Tax inequality, Argentina's Response,

According to Oxfam the wealth of the world's 10 richest individuals has risen by £400bn since the start of the pandemic. That sum could apparently vaccinate every adult on Earth, as well as restore to the world's poorest people the income they lost in 2020... It is hard to quarrel with the report's conclusion that current economic policies have enabled "a super-rich elite to amass wealth in the middle of the worst recession since the Great Depression, while billions of people are struggling to make ends meet.

Political economists on both the left and the right are coming to the conclusion that the gap between rich and poor people is destabilising and dangerous to democracy...The world is getting less equal...

Vague Oxfam exhortations that we need to "shape more equal societies" are unlikely to get anywhere. Whatever Davos may pretend, the world does not have one government or one tax regime, let alone one ideology...

Duty Paid
Ralph Hedley (1848-1913)
Photo Credit:Sunderland Museum & Winter Gardens [CC BY-NC]

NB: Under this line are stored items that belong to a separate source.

-- ===== src/PaymentSchedules/Tests.antt =====
-- A monthly schedule that is posted, and found due at a later run.
use stellar_royalty_splitter.Prelude.{
  ℕ, ◌+◌, ◌*◌, ◌≡◌, refl, Bool, true, none, some, List, [], ◌∷◌, ◌++◌, map, All, length,
}
use stellar_royalty_splitter.Prelude.Text.{
  Text, codes, parse_decimal, unsigned_decimal, digits_of, is_strkey, is_base32_char,
}
use stellar_royalty_splitter.Prelude.Sorting.{sort, insert}
use stellar_royalty_splitter.Schedule.Months.{Date, next_monthly}
use stellar_royalty_splitter.Schedule.Next.{Now, compute_next_run}
use stellar_royalty_splitter.History.Store.{Transaction}
use stellar_royalty_splitter.Audit.{add_audit_log}
use stellar_royalty_splitter.PaymentSchedules.Store.{
  PaymentSchedule, NewSchedule, new_row, get_schedules_due, create_payment_schedule,
  set_next_run_at, delete_payment_schedule,
}
use stellar_royalty_splitter.PaymentSchedules.Job.{
  World, Clock, Simulation, costs, next_run, run_payment_schedules,
}
use stellar_royalty_splitter.PaymentSchedules.Stuck.{run_payment_schedules_stuck}
use stellar_royalty_splitter.PaymentSchedules.Routes.{
  raised, bad_request, not_found, invalid_id, post_schedule, delete_schedule,
}

-- A calendar of months of 32 days.
abbrev calendar : Date → ℕ
calendar d = (d.month * 32 + d.day) * 86400000 + d.ms

abbrev today : Date
today = record { month = 24300; day = 3; ms = 0 }

abbrev now : Now
now = record { ms = calendar today; date = today }

abbrev clock : Clock
clock = record { now = now; text = codes "2025-01-03 00:00:00" }

abbrev any_address : Text → Bool
any_address text = true

abbrev monthly : NewSchedule
monthly = record {
  name = "Rent";
  type = "monthly";
  contract_id = "CAAAAAAAAAAAAAAAAAAAAAAAAAAAAAAAAAAAAAAAAAAAAAAAAAAAAAAA";
  token_id = "CBBBBBBBBBBBBBBBBBBBBBBBBBBBBBBBBBBBBBBBBBBBBBBBBBBBBBBB";
  wallet_address = "G";
  day_of_month = some 1;
  day_of_week = none;
  interval_days = none;
  anchor_date = none;
  hour_of_day = 9;
  timezone = "UTC";
  metadata = none;
}

abbrev empty : World
empty = record {
  schedules = record { rows = []; next_id = 1; writes = 0 };
  history = record { transactions = []; payouts = []; next_id = 1; writes = 0 };
  log = record { entries = []; next_id = 1; writes = 0 };
}

abbrev due_row : PaymentSchedule
due_row = record (new_row 1 monthly 0) { next_run_at = some 5 }

abbrev due_world : World
due_world = record empty { schedules = record { rows = due_row ∷ []; next_id = 2; writes = 2 } }

abbrev answers : PaymentSchedule → Simulation
answers s = costs 100

route_tests :
    ((post_schedule any_address calendar clock (record monthly { hour_of_day = 24 }) empty).0
      ≡ bad_request ("hourOfDay" ∷ []))
    × ((post_schedule any_address calendar clock (record monthly { day_of_month = none }) empty).0
        ≡ bad_request ("dayOfMonth" ∷ []))
    × ((delete_schedule any_address calendar clock (codes "7") due_world).0 ≡ not_found)
    × ((delete_schedule any_address calendar clock (codes "0x1") due_world).0 ≡ invalid_id)
    × ((delete_schedule any_address calendar clock (codes "1") due_world).0 ≡ raised)
    × ((delete_schedule any_address calendar clock (codes "1") due_world).1.schedules.rows ≡ [])
unfolding post_schedule delete_schedule parse_decimal unsigned_decimal digits_of is_strkey
    is_base32_char next_run compute_next_run next_monthly create_payment_schedule set_next_run_at
    delete_payment_schedule add_audit_log
route_tests = (refl, refl, refl, refl, refl, refl)

run_payment_schedules_stuck_example :
    let (after, report) = run_payment_schedules calendar clock answers due_world in
    let due = get_schedules_due clock.now.ms due_world.schedules in
    (after.schedules ≡ due_world.schedules)
    × (after.log ≡ due_world.log)
    × (report ≡ record { triggered = 0; skipped = 0; failed = length due })
    × (added : List Transaction) × (after.history.transactions
        ≡ due_world.history.transactions ++ added)
    × (map (λ (t : Transaction). t.contract_id) added
        ≡ map (λ (s : PaymentSchedule). s.contract_id) due)
    × All (λ (t : Transaction). t.status ≡ "pending") added
run_payment_schedules_stuck_example = run_payment_schedules_stuck calendar clock answers due_world

due_test : get_schedules_due clock.now.ms due_world.schedules ≡ due_row ∷ []
unfolding get_schedules_due sort insert
due_test = refl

The world's most successful industries - largely the concern of the top 10 wealthy individuals - are still operating virtually tax-free. The reason at root is that these industries are global, while taxation is national. Tax regimes tend to be deeply conservative, continuing to undertax wealth, notably property, and overtax lower and middle incomes. Fiscal authorities, such as Britain, are also cynically indulgent towards tax avoidance and money laundering, while loading taxpayers with regressive imposts such as council tax and VAT...

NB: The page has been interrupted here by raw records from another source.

-- ===== src/Retrieval/Extract.antt =====
-- orchestrator/retrieval_progress.py: what `_after_locked` reads from the text of a result, by the
-- patterns `URL_RE` and `WORD_RE` and by `_fingerprint`, and Python's sets of texts.
use agi_inspired.Prelude.{
  ℕ, zero, suc, ◌-◌, Bool, not, ◌&&◌, ◌||◌, List, [], ◌∷◌, ◌++◌, leb, ◌==◌, length, if◌then◌else◌,
  ◌≡◌, refl, map,
}
use agi_inspired.Prelude.Text.{Text, codes, contains, lower, starts_with, is_space}

-- Sets of texts, as lists with no text twice.
unfoldable pub set_add : Text → List Text → List Text
set_add t us = if contains us t then us else us ++ t ∷ []

-- `us.update(ts)`
unfoldable pub set_update : List Text → List Text → List Text
unfolding set_add
set_update us [] = us
set_update us (t ∷ ts) = set_update (set_add t us) ts

unfoldable pub set_of : List Text → List Text
unfolding set_update
set_of ts = set_update [] ts

-- `us - vs`
unfoldable pub set_minus : List Text → List Text → List Text
set_minus [] vs = []
set_minus (u ∷ us) vs = let rest = set_minus us vs in if contains vs u then rest else u ∷ rest

-- [a-z0-9]; the text is in lower case at each of its uses.
unfoldable pub is_word_code : ℕ → Bool
is_word_code c = (leb 97 c && leb c 122) || (leb 48 c && leb c 57)

-- A run of word characters that ends here counts if it has three or more.
unfoldable pub close_run : Text → List Text → List Text
close_run run ws = if leb 3 (length run) then run ∷ ws else ws

unfoldable pub words_from : Text → Text → List Text
unfolding is_word_code close_run
words_from run [] = close_run run []
words_from run (c ∷ t) =
    let ends = words_from [] t in
    let goes_on = words_from (run ++ c ∷ []) t in
    if is_word_code c then goes_on else close_run run ends

-- `WORD_RE.findall(text.lower())`
unfoldable pub words : Text → List Text
unfolding words_from lower
words t = words_from [] (lower t)

-- [^\s<>"'`]
unfoldable pub is_url_code : ℕ → Bool
unfolding is_space
is_url_code c = not (is_space c || c == b'<' || c == b'>' || c == b'"' || c == 39 || c == b'`')

unfoldable pub url_run : Text → Text
unfolding is_url_code
url_run [] = []
url_run (c ∷ t) = let rest = url_run t in if is_url_code c then c ∷ rest else []

-- `some` length of `https?://` where the text starts with it, in either case; 0 where it does not.
unfoldable pub scheme_length : Text → ℕ
unfolding lower starts_with
scheme_length t =
    if starts_with (lower t) (codes "http://")
    then 7
    else if starts_with (lower t) (codes "https://")
    then 8
    else 0

unfoldable pub drop : ℕ → Text → Text
drop zero t = t
drop (suc n) [] = []
drop (suc n) (c ∷ t) = drop n t

-- The match of `URL_RE` that starts here, or the empty text.
unfoldable pub url_here : Text → Text
unfolding scheme_length url_run drop
url_here t =
    let n = scheme_length t in if n == 0 || length (url_run (drop n t)) == 0 then [] else url_run t

-- `skip` characters belong to the match before.
unfoldable pub urls_from : ℕ → Text → List Text
unfolding url_here
urls_from skip [] = []
urls_from (suc skip) (c ∷ t) = urls_from skip t
urls_from zero (c ∷ t) =
    let here = url_here (c ∷ t) in
    let none_here = urls_from 0 t in
    let after = urls_from (length here - 1) t in
    if length here == 0 then none_here else here ∷ after

-- `URL_RE.findall(text)`
unfoldable pub urls : Text → List Text
unfolding urls_from
urls = urls_from 0

unfoldable pub join_words : List Text → Text
join_words [] = []
join_words (w ∷ []) = w
join_words (w ∷ v ∷ ws) = w ++ 32 ∷ join_words (v ∷ ws)

-- `_fingerprint`, over the digest of Python's library.
unfoldable pub fingerprint : (Text → Text) → Text → Text
unfolding join_words words
fingerprint sha256 t = sha256 (join_words (words t))

-- The set of the canonical forms of the URLs in a text. `_canonical_url` rests on the URL reader and
-- writer of Python's library, and is a parameter.
unfoldable pub canonical_urls : (Text → Text) → Text → List Text
unfolding set_of urls
canonical_urls canonical_url t = set_of (map canonical_url (urls t))

urls_test :
    urls (codes "see HTTPS://a.org/x, (http://b.io) http:// end")
    ≡ codes "HTTPS://a.org/x," ∷ codes "http://b.io)" ∷ []
unfolding urls
urls_test = refl

words_test : words (codes "An owl, 42 or GPT4.") ≡ codes "owl" ∷ codes "gpt4" ∷ []
unfolding words
words_test = refl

It is for governments to try to track down and police those who, far from not paying enough tax, pay little or none at all. They grow rich by keeping their wealth offshore...

There are three possible answers to the question of how to increase the contribution of the super-rich:shrug, shame or tax . Shrug is easy. It has ruled policy in Britain ever since the days of 80% surtax ended in the 1980s. Shame is dubious...

As for higher personal taxes, Oxfam argues that if Argentina can levy a one-off emergency surtax on its 12,000 richest citizens, so surely can the richer countries of the world...A surtax must be the answer.

(Simon Jenkins, The Guardian, 2021)

(See Wealth Gap, Jan 22, Taxing Millionaires, Jan 15 and Tax Rises, Oct 6, 2020)


*A one-off tax on Argentina's richest people comes into effect to help pay for medical supplies and relief for businesses struggling due to Covid-19.

Those with assets of more than 200 million pesos ($2.3m; £1.67m) will have to pay about 3% on assets declared within the country and over 5% on assets held abroad.

It will apply to around 12,000 people.

The government hopes to raise around $3bn. The money will also help fund scholarships and social aid.

Senators passed the one-off levy - dubbed the "millionaires' tax" - by 42 votes to 26 in December.

The measure brought in by centre-left President Alberto Fernandez has been criticised by the opposition which described it as "confiscatory".

There have also been concerns raised by the Argentine Rural Society that the tax could be made permanent.

But the country has been badly hit by the pandemic, which has deepened already high rates of poverty. Almost 40% of the country's population lives under the poverty line, while the unemployment rate sits at 11%.

Oxfam's annual report on economic inequality said Argentina was showing the way towards progressive taxation of the rich as the key to an equitable recovery from the current crisis.

"A tax on the excess profits earned by corporations during the coronavirus pandemic could generate $104 billion - enough to provide unemployment protection for all workers, and financial support for all children and elderly people in the poorest countries," the report stated.

Argentina has almost two million confirmed cases and more than 47,000 deaths from the virus.

(BBC News, Latin America, 2021)


*Sir, Paul Johnson's article made some good points about simplifying and reforming the tax system to assist in raising the revenue to help to repair the nation's finances. However, he avoided touching on one particularly sensitive point: that the basic rate of income tax used to be 25 per cent. The governments of John Major and subsequently Gordon Brown reduced the rate to 20 per cent while failing to recognise the future cost of an ageing population and healthcare needs. If we want to afford the level of public services that people demand then taxes on all incomes surely need to be raised, perhaps with an increase in the personal allowance to ensure that the poorest in society are unaffected.